I've done the research with angelfish and barbs, I've looked everywhere got mixed answers everywhere... but to be honest I trust people on these forums more than I believe yahoo answers lol. 

My question was If I can mix tiger barbs & angelfish together in the same tank. I have a 60 gallon planted tank... now here is a list of fish I have in there.

8 - tiger barbs
2 - zebra danio
2 - fire mouth
2 - convict (babys)
1 - guppy
1 - gold fish

As of now all of my fish are getting a long very well.. the barbs usually chase each other instead of being the notorious fin nippers people seem to call them.. all of my cichlids get a long very well, no aggressiveness what so ever. That might be because of their young age who knows.

So yes, how many angelfish can I fit in there without causing fish any stress or If any.. Thank you planted tank peeps!


----------



## chad320 (Mar 7, 2010)

Here is my very honest opinion. Please dont take it as rude. Your firemouths and you convicts will out grow this tank. You could keep one pair or the other but doubtfully both. Either pair will eat your guppy. You shouldnt add an angelfish to any pair you choose. Unless you like your angel without wings. Your goldfish is a cool water fish and shouldnt be kept at tropical temps that the other fish like. If you get rid of the goldfish, guppy, and a pair you could add more danios or barbs. Hope this helps.


----------



## Loop (Jan 8, 2011)

Have to agree with above post. But I thought the firemouths or convicts would go after danios eventually too. I've heard that the tigers can usually stand up to the cichlids though. None of them may seem to be agressive now, but give it some time for them to grow and I'm sure you will have many mornings where you wake up to casualties in the tank with that stocking.


----------



## Capsaicin_MFK (Nov 15, 2009)

Placing an angel fish in that tank would result in something similar to Bruce Willis hanging out in the ghetto with that racist sign in Die Hard: With a Vengence. The goldfish (Samuel L. Jackson) would approach the angel fish and tell him he should leave before the gangsters/hoodrats (firemouth/convicts) notice him. If you've seen the movie, then you know what happens...


----------



## bpb (Mar 8, 2011)

Coming from experience with tiger barbs and angel fish. Don't do it. My 4 juvenile tiger barbs harassed and killed 2 awesome looking angel fish over the course of 48 hours


----------



## JCoxRocks (Mar 22, 2005)

I've never kept tiger barbs with my angels, but they are notorious fin nippers. Even if they don't kill your angels, they will pick their fins apart and make them not so pretty. Angels are great fish, but require more passive tankmates. I usually keep rainbows, congo tetras and neon tetras with mine. My larger angels will snack on the occasional neon tetra (once every 3-4 months), but I chalk that up to the circle of life.

J


----------



## F22 (Sep 21, 2008)

i think some types of barbs are ok with angels. snake skin/buffalo barbs are usually fine. clown barbs are usually fine, fire barbs are usually fine. on the other side of this though are tiger barbs and black ruby barbs. they should not ever be in the tank with angels, as they will harass them to the point of starvation.

btw, 4k posts...


----------



## oscarsx (Mar 15, 2011)

Blah! I rather not get any angels then.. as far as having a goldfish in my tank, that's my daughter's goldfish and my lady would kill me If i did anything to it lol!... 

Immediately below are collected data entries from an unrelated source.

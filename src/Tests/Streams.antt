-- ===== src/Tests/Streams.antt =====
-- Runs of the stream registry.
use astrbot_plugin_webchat_g.Prelude.{
  ◌≡◌, refl, ◌≢◌, String, true, false, Option, none, some, [], ◌∷◌, is_some, arith, text_key,
  number_key,
}
use astrbot_plugin_webchat_g.Dict.{get, put, remove}
use astrbot_plugin_webchat_g.Ratelimit
use astrbot_plugin_webchat_g.Ratelimit.{Limiter, busy}
use astrbot_plugin_webchat_g.Ratelimit.Keys.{session_key}
use astrbot_plugin_webchat_g.Ratelimit.Invariant.{IsValid}
use astrbot_plugin_webchat_g.Ratelimit.Schedule
use astrbot_plugin_webchat_g.Ratelimit.Exclusion.{start-IsExclusive, run-IsExclusive}
use astrbot_plugin_webchat_g.StreamBuffer
use astrbot_plugin_webchat_g.StreamBuffer.{pending_entry, closed_with}
use astrbot_plugin_webchat_g.StreamBuffer.Types.{Buffer, closed_ok, reply, Final}
use astrbot_plugin_webchat_g.StreamBuffer.Caps.{IsCapped}
use astrbot_plugin_webchat_g.Registry.StreamId.{is_stream_id, matches_from, is_allowed}
use astrbot_plugin_webchat_g.Registry.Types.{
  StreamHandle, Drivers, World, answered, failed, cancelled, stream_completed, ok, ChatPair,
  FileRow, Services,
}
use astrbot_plugin_webchat_g.Registry.{
  new_handle, open_stream, open_locked, audited_handle, close, close_unused, close_steps,
  buffer_closed, released, forgotten, unregister_driver, cancel, cancel_each, cancel_all_drivers,
  fetch, append,
}
use astrbot_plugin_webchat_g.Registry.Closing.{IsOrderly, close_releases}
use astrbot_plugin_webchat_g.Registry.Ends.{tolerated, close_swallows}
use astrbot_plugin_webchat_g.Registry.Numbering.{append_each}
use astrbot_plugin_webchat_g.Registry.Opening.{LeavesStreams, open_refuses, open_grants, open_leaks}
use astrbot_plugin_webchat_g.Registry.Terminal.{
  close_failed, close_reservation, own_rows, release_attached_files, fail_stream,
}
use astrbot_plugin_webchat_g.Registry.Failing.{close_failed_reaches}

abbrev file_of : String → FileRow
file_of id = record {
  file_id = id;
  token_name = id;
  session_id = "s";
  mime = "image/png";
  size_bytes = 1;
  storage_key = id;
  committed = false;
  uploaded_at = 5;
  committed_at = none;
  filename = "";
}

-- The persistence raises, the event is cancelled, and the storage knows one file of each token.
abbrev faulty : Services (Unit {0})
faulty = record {
  record_chat_pair = λ h pair w. (failed, w);
  emit_stream_ended = λ h status w. (cancelled, w);
  write_audit = λ event h w. (cancelled, w);
  refund_daily_usage = λ name day w. (failed, w);
  get_file = λ id w. (answered (some (file_of id)), w);
  release_files_safely = λ rows w. (answered 1, w);
}

abbrev sound : Services (Unit {0})
sound = record faulty {
  record_chat_pair = λ h pair w. (answered tt, w);
  emit_stream_ended = λ h status w. (answered tt, w);
  write_audit = λ event h w. (failed, w);
}

abbrev sid : String
sid = "t:1-ab"

abbrev pair : Option ChatPair
pair = some (record { user_text = "q"; assistant_text = "a"; is_incomplete = false })

abbrev end_ : Final
end_ = reply 4 5 false

-- The stream holds the lock of its session.
abbrev held : Limiter
held = (Schedule.run Schedule.start (Schedule.open_stream (session_key "t" "s") sid ∷ [])).limiter

abbrev buffer : Buffer
buffer = record {
  grace_seconds = 30;
  max_per_token = 1;
  max_global = 2;
  entries = (sid, pending_entry "t" "s" 10 0) ∷ [];
  is_set = λ _. false;
  next_event = 1;
}

abbrev drivers : Drivers
drivers = record { table = (sid, ("t", 7)) ∷ []; is_done = λ _. false; is_cancelled = λ _. false }

abbrev world : World (Unit {0})
world = record { limiter = held; buffer = buffer; drivers = drivers; rest = tt }

-- No stream is in flight.
abbrev idle : World (Unit {0})
idle = record world { limiter = Schedule.start.limiter; buffer = record buffer { entries = [] } }

abbrev handle : StreamHandle
handle = new_handle sid "t" "s" 10 ("t" ∷ "u" ∷ [])

abbrev reserved : StreamHandle
reserved = record handle {
  reservation = some (record { name = "t"; day = 3; count = 1; remaining = 4; settled = false });
}

program : Unit {0}
unfolding open_stream open_locked audited_handle close close_unused close_steps buffer_closed
    released forgotten unregister_driver cancel cancel_each cancel_all_drivers fetch append get put
    remove is_stream_id matches_from is_allowed session_key busy Schedule.run Schedule.step
    append_each Ratelimit.init Ratelimit.acquire_with_id Ratelimit.lookup_lock Ratelimit.release
    Ratelimit.free_lock StreamBuffer.close StreamBuffer.append_chunk StreamBuffer.set_event
    StreamBuffer.create StreamBuffer.insert_entry StreamBuffer.evict_owned StreamBuffer.evict_global
    StreamBuffer.owned_closed StreamBuffer.owned_total StreamBuffer.oldest_closed
    StreamBuffer.fetch_since StreamBuffer.newer close_failed close_reservation own_rows
    release_attached_files fail_stream tolerated
program = tt

world-IsValid : IsValid world.limiter
world-IsValid =
    (run-IsExclusive Schedule.start (Schedule.open_stream (session_key "t" "s") sid ∷ [])
      start-IsExclusive).valid

idle-IsValid : IsValid idle.limiter
idle-IsValid = start-IsExclusive.valid

world-IsCapped : IsCapped world.buffer
unfolding get
world-IsCapped = record { positive = omega arith; bounded = omega arith; distinct = (refl, tt) }

idle-IsCapped : IsCapped idle.buffer
unfolding get
idle-IsCapped = record { positive = omega arith; bounded = omega arith; distinct = tt }

faulty-IsOrderly : IsOrderly faulty handle
faulty-IsOrderly = record {
  persist_keeps = λ p w x. x;
  emit_keeps = λ s w x. x;
  audit_keeps = λ e w x. x;
}

faulty-LeavesStreams : LeavesStreams faulty
faulty-LeavesStreams = record { limiter_same = λ e h w. refl; buffer_same = λ e h w. refl }

sound-LeavesStreams : LeavesStreams sound
sound-LeavesStreams = record { limiter_same = λ e h w. refl; buffer_same = λ e h w. refl }

close_releases_example :
    ((close faulty handle pair ok closed_ok end_ stream_completed 20 false world).1.used ≡ true)
    × (get
          (session_key "t" "s")
          (close faulty handle pair ok closed_ok end_ stream_completed 20 false
            world).2.limiter.holders
        ≢ some sid)
close_releases_example =
    close_releases faulty handle pair ok closed_ok end_ stream_completed 20 false world
      faulty-IsOrderly refl

close_swallows_example :
    close (tolerated sound) handle pair ok closed_ok end_ stream_completed 20 false world
    ≡ close sound handle pair ok closed_ok end_ stream_completed 20 false world
close_swallows_example =
    close_swallows sound handle pair ok closed_ok end_ stream_completed 20 false world

open_refuses_example :
    (busy (session_key "t" "s") (open_stream sound "t:2-cd" "t" "s" [] 11 false world).1.limiter
      ≡ busy (session_key "t" "s") world.limiter)
    × ((open_stream sound "t:2-cd" "t" "s" [] 11 false world).1.buffer ≡ world.buffer)
unfolding program
open_refuses_example =
    open_refuses sound "t:2-cd" "t" "s" [] 11 false world (session_key "t" "s") world-IsValid
      world-IsCapped refl

open_grants_example :
    (busy (session_key "t" "s") idle.limiter ≡ false)
    × (busy (session_key "t" "s") (open_stream sound sid "t" "s" [] 11 false idle).1.limiter ≡ true)
    × (get (session_key "t" "s") (open_stream sound sid "t" "s" [] 11 false idle).1.limiter.holders
        ≡ some sid)
    × (is_some (get sid (open_stream sound sid "t" "s" [] 11 false idle).1.buffer.entries) ≡ true)
    × (new_handle sid "t" "s" 11 [] ≡ new_handle sid "t" "s" 11 [])
unfolding program
open_grants_example =
    open_grants sound sid "t" "s" [] 11 false idle (session_key "t" "s")
      (new_handle sid "t" "s" 11 []) idle-IsValid idle-IsCapped sound-LeavesStreams refl

open_leaks_example :
    (busy (session_key "t" "s") (open_stream faulty sid "t" "s" [] 11 false idle).1.limiter ≡ true)
    × (get (session_key "t" "s") (open_stream faulty sid "t" "s" [] 11 false idle).1.limiter.holders
        ≡ some sid)
    × (is_some (get sid (open_stream faulty sid "t" "s" [] 11 false idle).1.buffer.entries) ≡ true)
unfolding program
open_leaks_example =
    open_leaks faulty sid "t" "s" [] 11 idle idle-IsValid idle-IsCapped faulty-LeavesStreams refl

close_failed_reaches_example : (close_failed faulty reserved "x" 20 false world).1.used ≡ false
unfolding program
close_failed_reaches_example = close_failed_reaches faulty reserved "x" 20 false world refl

Thanks guys, I guess I might just have to start another tank set up for my future angels..

In the end I really just want my barbs & cichlids in there, I don't know what to do with the guppie & danio =/


----------



## chad320 (Mar 7, 2010)

Leave them. Eventually your chichlids will decide for you what to do with them


----------



## oscarsx (Mar 15, 2011)

Haha yea I know right... sounds mean but it's my only option..

besides tossing them in my local pond, but I'm 100% sure they will end up dying anyways.


----------



## ridewake210 (Jan 12, 2007)

No experience with Tiger Barbs, but i do have 6 cherry barbs with 7 Angels. all is well.


----------



## warhead_71 (Mar 7, 2011)

Tiger Barbs are fin-nippers... so anything with long fins that moves slow would lose their fins -- Danios, Angelfish, Goldfish would all get chewed up.
Zebra Danios are cold-water fish, prefer about 65degF.
Fire Mouth cichlids, like almost any cichlid, will eat anything that will fit in their mouths... and they grow to 6-7 inches. Danios, Guppies, Goldfish, and maybe even the Barbs will become food eventually - if they live that long.
Convicts are more aggressive... they get to about 6", and breed like rabbits.
1 Guppy? Poor fella... all alone in the world. Fish food.
Gold Fish are also cold-water fish... and they poop a lot... very messy fish.
Angelfish themselves, being cichlids, can become aggressive when they get bigger, and eat anything that will fit in their mouths. I doubt they'd survive to adulthood with the Barbs and Convicts. They 'might' be okay alongside the Fire Mouths, which are more timid.

But this is a lot of large fish for a 60gal. If any of the cichlids happens to pair up, they will undoubtedly pester-to-death or eat anything else that threatens their territory.

If you can't toss your daughters Goldfish, then maybe you can set up a smaller tank - even just a 10gal with HOB filter. Put the GF and Danios in that.


----------



## F22 (Sep 21, 2008)

i think you may be thinking about white clouds not zebra danios.


----------